** TASK TO CARRY OUT **
Search the records for the word "BodyIo". Copy every line where it appears.
# # # # # # #
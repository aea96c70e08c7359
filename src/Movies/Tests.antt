-- ===== src/Movies/Tests.antt =====
-- Concrete runs of hw4_simple-movies-recommendation-system-lala-ju on a few movies.
use mathlib.Core.List.{Perm, Pairwise, Pairwise-singleton, forall_mem-cons, not-mem-nil, map}
use native.Mathlib.Bridge.{le_prop}
use system_programming_homew.Prelude.{
  ℕ, ◌≡◌, refl, List, [], ◌∷◌, some, get_elem?, ◌<◌, length, arith,
}
use system_programming_homew.Prelude.Int.{pos, ◌≤ℤ◌}
use system_programming_homew.Movies.Entry.{Entry, ◌≼◌}
use system_programming_homew.Movies.Select.{argmax, sort, secret}
use system_programming_homew.Movies.Select.Choice.{IsBefore, argmax_lem}
use system_programming_homew.Movies.Select.Sorted.{IsSortable, sort-sorted}
use system_programming_homew.Movies.Search.{MovieProfile, matches, cal, answer}
use system_programming_homew.Movies.Search.Suffix.{IsPlain}
use system_programming_homew.Movies.Search.Sorting.{IsGood}
use system_programming_homew.Movies.Search.Answer.{answer-IsRanked}
use system_programming_homew.CString.{strcmp, strstr, starts_with}
use system_programming_homew.Movies.Merge.{merge_block, merge_rounds}
use system_programming_homew.Movies.Merge.Block.{merged, merge_block-merged}
use system_programming_homew.Movies.Merge.Order.{IsRanked}
use system_programming_homew.Movies.Merge.Round.{Blocks, merge_rounds-IsRanked}

abbrev alien : Entry
alien = record { name = b'A' ∷ b'l' ∷ []; score = pos 7 }

abbrev brazil : Entry
brazil = record { name = b'B' ∷ b'r' ∷ []; score = pos 9 }

argmax_lem_example :
    (idx : ℕ) × (winner : Entry) × (argmax alien (brazil ∷ []) ≡ some idx)
    × (get_elem? (alien ∷ brazil ∷ []) idx ≡ some winner)
    × IsBefore winner (alien ∷ brazil ∷ [])
argmax_lem_example = argmax_lem alien (brazil ∷ []) (omega arith)

two-IsSortable : IsSortable (alien ∷ brazil ∷ [])
two-IsSortable = (forall_mem-cons IsFine-prop).1 (
  (omega arith, omega arith),
  (forall_mem-cons IsFine-prop).1 ((omega arith, omega arith), λ x m. absurd (not-mem-nil m)),
)
  where
    IsFine-prop : (x : Entry) → IsProp ((pos 0 ≤ℤ x.score) × (length x.name < 255))
    IsFine-prop x = hlevel (le_prop)

sort-sorted_example :
    (zs : List Entry) × (sort 2 (alien ∷ brazil ∷ []) ≡ some (map secret zs))
    × Perm zs (alien ∷ brazil ∷ [])
    × Pairwise ◌≼◌ zs
sort-sorted_example = sort-sorted 2 alien (brazil ∷ []) (omega arith) two-IsSortable

merge_block-merged_example : merge_block 1 (alien ∷ brazil ∷ []) ≡ merged (alien ∷ []) (brazil ∷ [])
merge_block-merged_example = merge_block-merged 1 (alien ∷ []) (brazil ∷ []) refl (omega arith)

two-Blocks : Blocks 1 1 (alien ∷ brazil ∷ [])
two-Blocks = (
  alien ∷ [],
  brazil ∷ [],
  refl,
  refl,
  Pairwise-singleton ◌≼◌ alien,
  (omega arith, Pairwise-singleton ◌≼◌ brazil),
)

merge_rounds-IsRanked_example :
    IsRanked (merge_rounds 2 2 1 1 (alien ∷ brazil ∷ []))
    × Perm (merge_rounds 2 2 1 1 (alien ∷ brazil ∷ [])) (alien ∷ brazil ∷ [])
merge_rounds-IsRanked_example =
    merge_rounds-IsRanked 1 2 1 1 (alien ∷ brazil ∷ []) (omega arith) two-Blocks

-- A request for titles with an `l`, and a request for all; a movie's product is written down.
abbrev movie : List ℕ → ℕ → MovieProfile ℕ
movie title n = record { title = title; profile = n }

abbrev shelf : List (MovieProfile ℕ)
shelf = movie alien.name 7 ∷ movie brazil.name 9 ∷ []

test_cal : cal pos (b'l' ∷ []) shelf ≡ alien ∷ []
unfolding cal matches strcmp strstr starts_with
test_cal = refl

test_cal_star : cal pos (b'*' ∷ []) shelf ≡ alien ∷ brazil ∷ []
unfolding cal matches strcmp strstr starts_with
test_cal_star = refl

IsPlain-prop : (cs : List ℕ) → IsProp (IsPlain cs)
IsPlain-prop [] = hlevel
IsPlain-prop (c ∷ cs) = hlevel (le_prop, IsPlain-prop cs)

two-IsGood : IsGood (alien ∷ brazil ∷ [])
two-IsGood = (
  two-IsSortable,
  (forall_mem-cons (λ (x : Entry). IsPlain-prop x.name)).1 (
    (omega arith, (omega arith, tt)),
    (forall_mem-cons (λ (x : Entry). IsPlain-prop x.name)).1
        ((omega arith, (omega arith, tt)), λ x m. absurd (not-mem-nil m)),
  ),
)

answer-IsRanked_example :
    (out : List Entry) × (answer pos (b'*' ∷ []) shelf ≡ some out)
    × IsRanked out
    × Perm out (secret alien ∷ secret brazil ∷ [])
unfolding cal matches strcmp strstr starts_with
answer-IsRanked_example = answer-IsRanked pos (b'*' ∷ []) shelf (omega arith) two-IsGood
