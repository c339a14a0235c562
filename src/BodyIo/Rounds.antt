-- ===== src/BodyIo/Rounds.antt =====
-- src/proto/h1/body_io.rs: what the loop of `receive_body_configured` goes by, round by round, and
-- how it ends. src/body/incoming.rs: `charge_drain`.
use vakya.Prelude.{
  ℕ, ◌-◌, Bool, true, false, not, ◌&&◌, Option, none, some, min, u64_max, ◌+◌, List, [], ◌∷◌, ◌++◌,
  ltb, if◌then◌else◌, Bytes, Result, ok, err,
}
use vakya.Message.{
  plain_error, Error, ErrorKind, invalid_message, internal, timeout, LimitKind, chunk_line_bytes,
  chunk_extension_bytes, trailer_bytes, trailer_count, trailer_map_capacity, drain_payload,
  drain_wire, TimeoutPhase, head, body_progress, ErrorDetail, incoming_limit, timeout_phase,
}
use vakya.Chunk.{DecodeError, DecodeLimit}
use vakya.Decode.Input.{BodyDecoder}
use vakya.Io.{IoError}
use vakya.Io.Recv.{RecvBuffer, ReadAnswer}
use vakya.BodyIo.Transmit.{Frame}

-- `From<DecodeError> for Error`
unfoldable pub limit_kind : DecodeLimit → LimitKind
limit_kind vakya.Chunk.chunk_line_bytes = chunk_line_bytes
limit_kind vakya.Chunk.chunk_extension_bytes = chunk_extension_bytes
limit_kind vakya.Chunk.trailer_bytes = trailer_bytes
limit_kind vakya.Chunk.trailers = trailer_count
limit_kind vakya.Chunk.trailer_map = trailer_map_capacity

unfoldable pub decode_error : DecodeError → Error
unfolding limit_kind
decode_error (vakya.Chunk.limit l) = record {
  kind = vakya.Message.limit;
  detail = some (incoming_limit (limit_kind l));
}
decode_error vakya.Chunk.unexpected_eof = plain_error invalid_message
decode_error vakya.Chunk.invalid_chunk_size = plain_error invalid_message
decode_error vakya.Chunk.invalid_chunk_extension = plain_error invalid_message
decode_error vakya.Chunk.invalid_chunk_terminator = plain_error invalid_message
decode_error vakya.Chunk.invalid_trailer = plain_error invalid_message
decode_error vakya.Chunk.forbidden_trailer = plain_error invalid_message

-- `charge_drain` of src/body/incoming.rs: the budget for the wire and for the payload, once the
-- consumer has set one.
unfoldable pub charge_drain :
    Option (ℕ × ℕ) → (wire_bytes payload_bytes : ℕ) → Result LimitKind (Option (ℕ × ℕ))
charge_drain none wire_bytes payload_bytes = ok none
charge_drain (some (wire_left, payload_left)) wire_bytes payload_bytes =
    if ltb payload_left payload_bytes
    then err drain_payload
    else if ltb wire_left wire_bytes
    then err drain_wire
    else ok (some (wire_left - wire_bytes, payload_left - payload_bytes))

abbrev pub is_canceled : Error → Bool
is_canceled e = elim e.kind [ vakya.Message.canceled ↦ true | _ ↦ false ]

-- What the wait for demand gives, and the wait for an offered frame; `interrupted` where the
-- token asks for cancellation first.
pub data Demanded : Type 0 where
  wanted unwanted interrupted : Demanded

pub data Offered : Type 0 where
  accepted refused closed canceled : Offered

-- One round of the loop, by what the consumer and the transport do in it: whether the data of a
-- lease was dropped, the payload limit and the
-- wire allowance of a drain that was set, the deadline that could not be made, what the
-- read gives, whether its deadline elapsed, and whether the consumer is gone after it.
pub record Round : Type 0 where
  pub demanded : Demanded
  pub lease_dropped : Bool
  pub drain_set : Option (ℕ × ℕ)
  pub no_deadline : Option Error
  pub cancel_read : Bool
  pub answer : ReadAnswer
  pub lease : Result IoError (Option Bytes)
  pub elapsed : Bool
  pub abandoned : Bool
  pub offered : Offered

-- `ReceiveEnd`, or a panic.
pub data ReceiveEnd : Type 0 where
  completed abandoned_end panicked : ReceiveEnd
  failed : Error → ReceiveEnd

-- A reception; it is pending without an end. `arrived` is what the reads appended, and
-- `delivered` are the frames that the consumer took.
pub record Received (H : Type 0) : Type 0 where
  pub ended : Option ReceiveEnd
  pub buffer : RecvBuffer
  pub delivered : List (Frame H)
  pub arrived : Bytes

-- The state of the loop.
pub record Receiving : Type 0 where
  pub buffer : RecvBuffer
  pub decoder : BodyDecoder
  pub budget : Option (ℕ × ℕ)
  pub eof : Bool

abbrev pub stopped : {H : Type 0} → RecvBuffer → ReceiveEnd → Received H
stopped b how = record { ended = some how; buffer = b; delivered = []; arrived = [] }

abbrev pub with_frame : {H : Type 0} → Frame H → Received H → Received H
with_frame frame t = record t { delivered = frame ∷ t.delivered }

abbrev pub with_arrived : {H : Type 0} → Bytes → Received H → Received H
with_arrived input t = record t { arrived = input ++ t.arrived }

-- The data that holds a lease is dropped.
unfoldable pub drop_lease : Bool → RecvBuffer → RecvBuffer
drop_lease dropped b = record b {
  permit = elim b.permit [ none ↦ none | some held ↦ some (held && not dropped) ];
}

-- `drain_budget` of src/body/incoming.rs
unfoldable pub drain_budget : (payload_bytes wire_allowance : ℕ) → ℕ × ℕ
drain_budget payload_bytes wire_allowance =
    (min (payload_bytes + wire_allowance) u64_max, payload_bytes)

-- The budget after the drains that the consumer set in the meantime.
unfoldable pub set_budget : Option (ℕ × ℕ) → Option (ℕ × ℕ) → Option (ℕ × ℕ)
unfolding drain_budget
set_budget none budget = budget
set_budget (some (payload_bytes, wire_allowance)) budget =
    some (drain_budget payload_bytes wire_allowance)
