-- ===== src/BodyIo/Receive.antt =====
-- src/proto/h1/body_io.rs: `receive_body_configured`, which decodes a body and hands it over.
use vakya.Prelude.{
  ℕ, ◌-◌, Bool, true, false, Option, none, some, List, [], ◌∷◌, if◌then◌else◌, length, drop, Bytes,
  Result, ok, err,
}
use vakya.Message.{
  plain_error, Error, ErrorKind, invalid_message, internal, timeout, LimitKind, chunk_line_bytes,
  chunk_extension_bytes, trailer_bytes, trailer_count, trailer_map_capacity, drain_payload,
  drain_wire, TimeoutPhase, head, body_progress, ErrorDetail, incoming_limit, timeout_phase,
}
use vakya.Chunk.{DecodeError}
use vakya.Decode.Input.{BodyDecoder, is_complete}
use vakya.Decode.{DecodeOutcome, need_more, payload, trailer_fields, end, decode}
use vakya.Io.{IoError, operation_canceled}
use vakya.Io.Recv.{
  IncomingData, data_bytes, RecvBuffer, bytes, consume, take_payload, ReadStatus, received, at_eof,
  read, read_managed,
}
use vakya.BodyIo.Transmit.{Frame, data_of, trailers_of}
use vakya.BodyIo.Rounds.{
  is_canceled, decode_error, charge_drain, Demanded, Offered, Round, Received, Receiving, stopped,
  with_frame, with_arrived, drop_lease, set_budget, wanted, unwanted, interrupted, accepted,
  refused, closed, canceled, completed, abandoned_end, panicked, failed,
}

module _ (error_of : IoError → Error) (by_lease : Bool) where
  -- The policies `Portable` and `Tcp` of src/io/transport.rs.
  unfoldable pub policy_read : Round → RecvBuffer → RecvBuffer × Result Error ReadStatus
  unfolding read read_managed
  policy_read r b =
      if by_lease
      then read_managed error_of r.cancel_read r.answer r.lease b
      else read error_of r.cancel_read r.answer b

  -- The result of `read_until`, by whether the deadline elapsed.
  unfoldable pub timed : (elapsed : Bool) → Result Error ReadStatus → Result Error ReadStatus
  timed false result = result
  timed true (ok status) = err record { kind = timeout; detail = some (timeout_phase head) }
  timed true (err e) =
      if is_canceled e
      then err record { kind = timeout; detail = some (timeout_phase head) }
      else err e

  -- `read_until` of src/io/transport.rs
  unfoldable pub read_until : Round → RecvBuffer → RecvBuffer × Result Error ReadStatus
  unfolding policy_read timed
  read_until r b = let result = policy_read r b in (result.0, timed r.elapsed result.1)

  abbrev pub is_head_timeout : Option ErrorDetail → Bool
  is_head_timeout (some (timeout_phase head)) = true
  is_head_timeout _ = false

  -- The phase of a timeout, for a body.
  unfoldable pub in_body : Result Error ReadStatus → Result Error ReadStatus
  in_body (ok status) = ok status
  in_body (err e) =
      if is_head_timeout e.detail
      then err (record e { detail = some (timeout_phase body_progress) })
      else err e

  -- The read of `read_or_abandoned`, once the deadline is made.
  unfoldable pub read_by : Option Error → Round → RecvBuffer → RecvBuffer × Result Error ReadStatus
  unfolding read_until in_body
  read_by (some e) r b = (b, err e)
  read_by none r b = let result = read_until r b in (result.0, in_body result.1)

  unfoldable pub read_or_abandoned : Round → RecvBuffer → RecvBuffer × Result Error ReadStatus
  unfolding read_by
  read_or_abandoned r b = read_by r.no_deadline r b

  module _ {H : Type 0} (parse_trailers : ℕ → Bytes → Result DecodeError (ℕ × H)) where
    -- The state after a read that went well.
    unfoldable pub after_read :
        Receiving → RecvBuffer → Result Error ReadStatus → (Receiving → Received H) → Received H
    after_read s b (err e) rest = stopped b (failed e)
    after_read s b (ok at_eof) rest = rest (record s { buffer = b; eof = true })
    after_read s b (ok (received n)) rest = rest (record s { buffer = b })

    -- After the read, by whether the consumer is gone.
    unfoldable pub unless_abandoned :
        (abandoned : Bool)
        → Receiving
        → RecvBuffer
        → Result Error ReadStatus
        → (Receiving → Received H)
        → Received H
    unfolding after_read
    unless_abandoned true s b result rest = stopped b abandoned_end
    unless_abandoned false s b result rest = after_read s b result rest

    unfoldable pub read_more :
        Round → Receiving → RecvBuffer → (Receiving → Received H) → Received H
    unfolding read_or_abandoned unless_abandoned bytes
    read_more r s b rest =
        let result = read_or_abandoned r b in
        with_arrived (drop (length (bytes b)) (bytes result.0))
          (unless_abandoned r.abandoned s result.0 result.1 rest)

    unfoldable pub offer_frame :
        Receiving → RecvBuffer → Frame H → Offered → (Receiving → Received H) → Received H
    offer_frame s b frame accepted rest = with_frame frame (rest (record s { buffer = b }))
    offer_frame s b frame refused rest = stopped b abandoned_end
    offer_frame s b frame closed rest = stopped b (failed (plain_error vakya.Message.closed))
    offer_frame s b frame canceled rest = stopped b (failed (error_of operation_canceled))

    -- After `consume`.
    abbrev pub consumed_then :
        RecvBuffer × Result Error (Unit {0}) → (RecvBuffer → Received H) → Received H
    consumed_then (b, err e) rest = stopped b (failed e)
    consumed_then (b, ok u) rest = rest b

    unfoldable pub payload_taken :
        Receiving
        → RecvBuffer
        → Offered
        → Option (RecvBuffer × Result Error IncomingData)
        → (Receiving → Received H)
        → Received H
    unfolding offer_frame data_bytes
    payload_taken s b offered none rest = stopped b panicked
    payload_taken s b offered (some (left, err e)) rest = stopped left (failed e)
    payload_taken s b offered (some (left, ok taken)) rest =
        offer_frame s left (data_of (data_bytes taken)) offered rest

    -- The outcome of a decode that was charged.
    unfoldable pub act_on :
        Round → Receiving → DecodeOutcome H → (Receiving → Received H) → Received H
    unfolding read_more offer_frame payload_taken consume take_payload
    act_on r s (need_more count) rest =
        consumed_then (consume count s.buffer) (λ b. read_more r s b rest)
    act_on r s (payload start stop count) rest =
        payload_taken s s.buffer r.offered (take_payload start stop count s.buffer) rest
    act_on r s (trailer_fields fields count) rest =
        consumed_then (consume count s.buffer)
          (λ b. offer_frame s b (trailers_of fields) r.offered rest)
    act_on r s (end count) rest = consumed_then (consume count s.buffer) (λ b. stopped b completed)

    abbrev pub consumed_by : DecodeOutcome H → ℕ
    consumed_by (need_more count) = count
    consumed_by (payload start stop count) = count
    consumed_by (trailer_fields fields count) = count
    consumed_by (end count) = count

    abbrev pub payload_len : DecodeOutcome H → ℕ
    payload_len (payload start stop count) = stop - start
    payload_len (need_more count) = 0
    payload_len (trailer_fields fields count) = 0
    payload_len (end count) = 0

    -- After `charge_drain`.
    unfoldable pub charged :
        Round
        → Receiving
        → DecodeOutcome H
        → Result LimitKind (Option (ℕ × ℕ))
        → (Receiving → Received H)
        → Received H
    unfolding act_on
    charged r s outcome (err l) rest =
        stopped s.buffer
          (failed record { kind = vakya.Message.limit; detail = some (incoming_limit l) })
    charged r s outcome (ok budget) rest = act_on r (record s { budget = budget }) outcome rest

    -- After `decode`.
    unfoldable pub decoded :
        Round
        → Receiving
        → BodyDecoder × Result DecodeError (DecodeOutcome H)
        → (Receiving → Received H)
        → Received H
    unfolding charged charge_drain set_budget decode_error
    decoded r s (d, err e) rest = stopped s.buffer (failed (decode_error e))
    decoded r s (d, ok outcome) rest =
        charged r (record s { decoder = d }) outcome
          (charge_drain (set_budget r.drain_set s.budget) (consumed_by outcome)
            (payload_len outcome))
          rest

    -- One round, from the check for the end of the body on.
    unfoldable pub demanded_then :
        Round → Receiving → Demanded → (Receiving → Received H) → Received H
    unfolding decoded decode bytes
    demanded_then r s wanted rest =
        decoded r s (decode parse_trailers s.decoder (bytes s.buffer) s.eof) rest
    demanded_then r s unwanted rest = stopped s.buffer abandoned_end
    demanded_then r s interrupted rest = stopped s.buffer (failed (error_of operation_canceled))

    unfoldable pub receive_round : Round → Receiving → (Receiving → Received H) → Received H
    unfolding demanded_then drop_lease is_complete
    receive_round r s rest =
        if is_complete s.decoder.state
        then stopped s.buffer completed
        else demanded_then r (record s { buffer = drop_lease r.lease_dropped s.buffer }) r.demanded
            rest

    unfoldable pub receive_loop : List Round → Receiving → Received H
    unfolding receive_round
    receive_loop [] s = record { ended = none; buffer = s.buffer; delivered = []; arrived = [] }
    receive_loop (r ∷ rounds) s = receive_round r s (receive_loop rounds)

    unfoldable pub receive_body : List Round → RecvBuffer → BodyDecoder → Received H
    unfolding receive_loop
    receive_body rounds b d =
        receive_loop rounds (record { buffer = b; decoder = d; budget = none; eof = false })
# # # # # # #
** EXPECTED OUTPUT **
filename src/BodyIo/Rounds.antt
-- ===== src/BodyIo/Rounds.antt =====
use vakya.BodyIo.Transmit.{Frame}
-- ===== src/BodyIo/Receive.antt =====
use vakya.BodyIo.Transmit.{Frame, data_of, trailers_of}
use vakya.BodyIo.Rounds.{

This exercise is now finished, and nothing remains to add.